**What is needed:**
Reproduce the data below verbatim from the line containing "(replay d.log ≡ some (phase_of d))" through its final line, and produce nothing more.
(Dataset records)
-- ===== src/V2Device/Examples.antt =====
-- The theorems on a Kinect v2 device at a concrete library and calls.
use mac_kinect_native.Base.{ℕ, ◌-◌, ◌*◌, ◌/◌, ◌%◌, ◌≡◌, true, none, some, List, [], ◌∷◌}
use mac_kinect_native.Base.Tests.{ltb, if◌then◌else◌}
use mac_kinect_native.Base.Int.{pos}
use mac_kinect_native.Backend.{StreamKind}
use mac_kinect_native.Float32.{Float32}
use mac_kinect_native.V2Device.State.{Freenect2, new_device}
use mac_kinect_native.V2Device.Methods.{Method, get_frame, destroy, device_after}
use mac_kinect_native.V2Device.WholeFrames.{IsWholeIf, get_frame-IsWhole}
use mac_kinect_native.V2Device.Balance.{Phase, replay, phase_of, device_after-replay}
use mac_kinect_native.V2Device.Backends.{Context, open_device}
use mac_kinect_native.V2Device.Previews.{IsReportedIf, preview_opened-IsReported}

-- A processor that only knows whole numbers.
abbrev whole : Float32
whole = record {
  Float = ℕ;
  literal = λ n. n;
  from_uint16 = λ n. n;
  sub = λ a b. a - b;
  mul = λ a b. a * b;
  div = λ a b. a / b;
  fmod = λ a b. a % b;
  abs = λ a. a;
  is_less = ltb;
  to_uint8 = λ a. a % 256;
  to_uint16 = λ a. a % 65536;
}

-- Each wait brings a color frame of 2 by 1 and a depth frame of 1 by 1.
abbrev willing : Freenect2 whole
willing = record {
  open_answer = λ log serial. true;
  start_answer = λ log. true;
  new_frames = λ log. some (record {
    color = some (record { width = 2; height = 1; timestamp = 7; pixels = λ i. i });
    depth = some (record { width = 1; height = 1; timestamp = 8; pixels = λ i. 70000 });
    ir = none;
  });
}

abbrev session : List Method
session = Method.starts ∷ Method.updates ∷ Method.sets_stream StreamKind.depth ∷ Method.updates ∷ []

get_frame-IsWhole_example :
    IsWholeIf (get_frame (device_after whole willing (new_device true "V2") session)).1
get_frame-IsWhole_example = get_frame-IsWhole whole willing true "V2" session

device_after-replay_example :
    let d = device_after whole willing (new_device true "V2") session in
    (replay d.log ≡ some (phase_of d))
    × (replay (destroy whole willing d).log ≡ some (if d.has_dev then Phase.gone else Phase.closed))
device_after-replay_example = device_after-replay whole willing true "V2" session

abbrev one_device : Context whole
one_device = record { device_count = pos 1; device_serial = λ i. "V2"; library = willing }

preview_opened-IsReported_example :
    IsReportedIf whole one_device 3 (open_device whole one_device "V2")
preview_opened-IsReported_example = preview_opened-IsReported whole one_device 3 "V2"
(End Dataset records)
**Output of the exercise:**
    (replay d.log ≡ some (phase_of d))
    × (replay (destroy whole willing d).log ≡ some (if d.has_dev then Phase.gone else Phase.closed))
device_after-replay_example = device_after-replay whole willing true "V2" session

abbrev one_device : Context whole
one_device = record { device_count = pos 1; device_serial = λ i. "V2"; library = willing }

preview_opened-IsReported_example :
    IsReportedIf whole one_device 3 (open_device whole one_device "V2")
preview_opened-IsReported_example = preview_opened-IsReported whole one_device 3 "V2"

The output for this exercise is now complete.